本文章由计算机程序翻译，如有差异，请以英文原文为准。

求助全文

约1分钟内获得全文求助全文

来源期刊

Methods in molecular biology Biochemistry, Genetics and Molecular Biology-Genetics

CiteScore

2.00

自引率

0.00%

发文量

3536

期刊介绍： For over 20 years, biological scientists have come to rely on the research protocols and methodologies in the critically acclaimed Methods in Molecular Biology series. The series was the first to introduce the step-by-step protocols approach that has become the standard in all biomedical protocol publishing.
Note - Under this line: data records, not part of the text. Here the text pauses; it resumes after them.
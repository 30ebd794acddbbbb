-- ===== src/LfuCache.antt =====
-- libs/congine-sdk/src/congine_core/infrastructure/lfu_cache.py: the LFU schema cache with TTL.
-- A method takes its reading `now` of the monotonic clock, in whole seconds, and returns the new
-- state beside its result; `none` stands for a `KeyError`. Each method runs under the lock, so it
-- is one step. A schema is any type `V`. The sweeper's thread is a caller of `sweep_expired`.
mod Frequencies
pub mod Valid
pub mod Steps
pub mod Eviction
pub mod Reads
pub mod Writes
pub mod Contents
pub mod Expiry
pub mod Sweeper
mod Examples
pub use Frequencies.{Bucket, Buckets, pop_first, min_key}
unfoldable pub use Frequencies.{setdefault_add}
use Frequencies.{discard}
use congine.Dict
use congine.Dict.{Dict}
use congine.Prelude.{
  ℕ, zero, suc, ◌+◌, String, Bool, true, false, Option, none, some, List, [], ◌∷◌, leb, nat_beq,
  ◌==◌, length, is_empty, if◌then◌else◌, ◌>>=◌, nat_eq, string_eq,
}

pub record LfuCache (V : Type 0) : Type 0 where
  pub capacity : ℕ
  pub ttl_seconds : ℕ
  -- the schema and the deadline of each key
  pub key_to_value : Dict String (V × ℕ)
  pub key_to_freq : Dict String ℕ
  pub freq_to_keys : Buckets
  pub min_freq : ℕ

-- `_is_expired`
abbrev pub is_expired : ℕ → ℕ → Bool
is_expired now expire_at = leb expire_at now

-- `self.ttl_seconds if ttl_seconds is None else ttl_seconds`
abbrev pub ttl_of : ℕ → Option ℕ → ℕ
ttl_of default none = default
ttl_of default (some ttl) = ttl

module _ {V : Type 0} where
  -- `__init__`: a negative capacity, which it refuses, is no natural number.
  unfoldable pub init : ℕ → ℕ → LfuCache V
  init capacity ttl_seconds = record {
    capacity = capacity;
    ttl_seconds = ttl_seconds;
    key_to_value = [];
    key_to_freq = [];
    freq_to_keys = [];
    min_freq = 0;
  }

  -- `_increment_freq`
  unfoldable pub increment_freq : LfuCache V → String → Option (LfuCache V)
  increment_freq c key = do
    freq ← Dict.get key c.key_to_freq
    bucket ← Dict.get freq c.freq_to_keys
    _ ← Dict.get key bucket
    let rest = Dict.remove key bucket
    let last = is_empty rest
    let kept = if last then Dict.remove freq c.freq_to_keys else Dict.put freq rest c.freq_to_keys
    some (record c {
      min_freq =
          if last then if nat_beq c.min_freq freq then freq + 1 else c.min_freq else c.min_freq;
      key_to_freq = Dict.put key (freq + 1) c.key_to_freq;
      freq_to_keys = setdefault_add (freq + 1) key kept;
    })

  -- the rest of `_evict_lfu`, from `popitem` on, at the bucket of `least`
  evict_from : LfuCache V → ℕ → Bucket → Option (LfuCache V)
  evict_from c least bucket = do
    (key, rest) ← pop_first bucket
    some (record c {
      min_freq = least;
      freq_to_keys =
          if is_empty rest
          then Dict.remove least c.freq_to_keys
          else Dict.put least rest c.freq_to_keys;
      key_to_value = Dict.remove key c.key_to_value;
      key_to_freq = Dict.remove key c.key_to_freq;
    })

  -- the branch of `_evict_lfu` in which `min_freq` is stale
  evict_rescan : LfuCache V → Buckets → Option (LfuCache V)
  evict_rescan c [] = some c
  evict_rescan c (b ∷ bs) = do
    let least = min_key b.0 bs
    bucket ← Dict.get least c.freq_to_keys
    evict_from c least bucket

  evict_at : LfuCache V → Option Bucket → Option (LfuCache V)
  evict_at c none = evict_rescan c c.freq_to_keys
  evict_at c (some []) = evict_rescan c c.freq_to_keys
  evict_at c (some (k ∷ ks)) = evict_from c c.min_freq (k ∷ ks)

  -- `_evict_lfu`
  unfoldable pub evict_lfu : LfuCache V → Option (LfuCache V)
  unfolding evict_from evict_rescan evict_at
  evict_lfu c = evict_at c (Dict.get c.min_freq c.freq_to_keys)

  -- `_evict_key`
  unfoldable pub evict_key : LfuCache V → String → LfuCache V
  unfolding discard
  evict_key c key =
      let buckets : Buckets = elim (Dict.get key c.key_to_freq) [
        | none ↦ c.freq_to_keys
        | some freq ↦ discard freq key c.freq_to_keys
      ] in
      record c {
        key_to_freq = Dict.remove key c.key_to_freq;
        key_to_value = Dict.remove key c.key_to_value;
        freq_to_keys = buckets;
      }

  -- `get`
  unfoldable pub get : ℕ → LfuCache V → String → Option (LfuCache V × Option V)
  get now c key = elim (Dict.get key c.key_to_value) [
    | none ↦ some (c, none)
    | some (schema, expire_at) ↦
        if is_expired now expire_at
        then some (evict_key c key, none)
        else do c' ← increment_freq c key; some (c', some schema)
  ]

  -- the last four lines of `put`
  unfoldable pub insert_new : LfuCache V → String → V → ℕ → LfuCache V
  insert_new c key schema expire_at = record c {
    key_to_value = Dict.put key (schema, expire_at) c.key_to_value;
    key_to_freq = Dict.put key 1 c.key_to_freq;
    freq_to_keys = setdefault_add 1 key c.freq_to_keys;
    min_freq = 1;
  }

  -- the two cases of `put` at a positive capacity
  put_with : LfuCache V → String → V → ℕ → Option (LfuCache V)
  put_with c key schema expire_at =
      if Dict.has key c.key_to_value
      then increment_freq
          (record c { key_to_value = Dict.put key (schema, expire_at) c.key_to_value }) key
      else do
        c' ← if leb c.capacity (Dict.size c.key_to_value) then evict_lfu c else some c
        some (insert_new c' key schema expire_at)

  -- `put`: `none` for the TTL stands for the cache's default
  unfoldable pub put : ℕ → LfuCache V → String → V → Option ℕ → Option (LfuCache V)
  unfolding put_with
  put now c key schema ttl_seconds =
      if nat_beq c.capacity 0
      then some c
      else put_with c key schema (now + ttl_of c.ttl_seconds ttl_seconds)

  -- `clear`
  unfoldable pub clear : LfuCache V → LfuCache V
  clear c = record c { key_to_value = []; key_to_freq = []; freq_to_keys = []; min_freq = 0 }

  -- `size`
  unfoldable pub size : LfuCache V → ℕ
  size c = Dict.size c.key_to_value

  -- `exists`
  unfoldable pub exists_key : ℕ → LfuCache V → String → LfuCache V × Bool
  exists_key now c key = elim (Dict.get key c.key_to_value) [
    | none ↦ (c, false)
    | some (schema, expire_at) ↦
        if is_expired now expire_at then (evict_key c key, false) else (c, true)
  ]

  -- the keys that the sweep finds expired; it reads the clock once for each entry
  unfoldable pub expired_keys : (ℕ → ℕ) → ℕ → Dict String (V × ℕ) → List String
  expired_keys clock i [] = []
  expired_keys clock i ((key, (schema, expire_at)) ∷ d) =
      let rest = expired_keys clock (suc i) d in
      if is_expired (clock i) expire_at then key ∷ rest else rest

  unfoldable pub evict_keys : List String → LfuCache V → LfuCache V
  evict_keys [] c = c
  evict_keys (key ∷ ks) c = evict_keys ks (evict_key c key)

  -- `_sweep_expired_locked`, behind `sweep_expired` and the sweeper
  unfoldable pub sweep_expired : (ℕ → ℕ) → LfuCache V → LfuCache V × ℕ
  unfolding expired_keys evict_keys
  sweep_expired clock c =
      let expired = expired_keys clock 0 c.key_to_value in (evict_keys expired c, length expired)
Each protocol is provided in readily-reproducible step-by-step fashion, opening with an introductory overview, a list of the materials and reagents needed to complete the experiment, and followed by a detailed procedure that is supported with a helpful notes section offering tips and tricks of the trade as well as troubleshooting advice.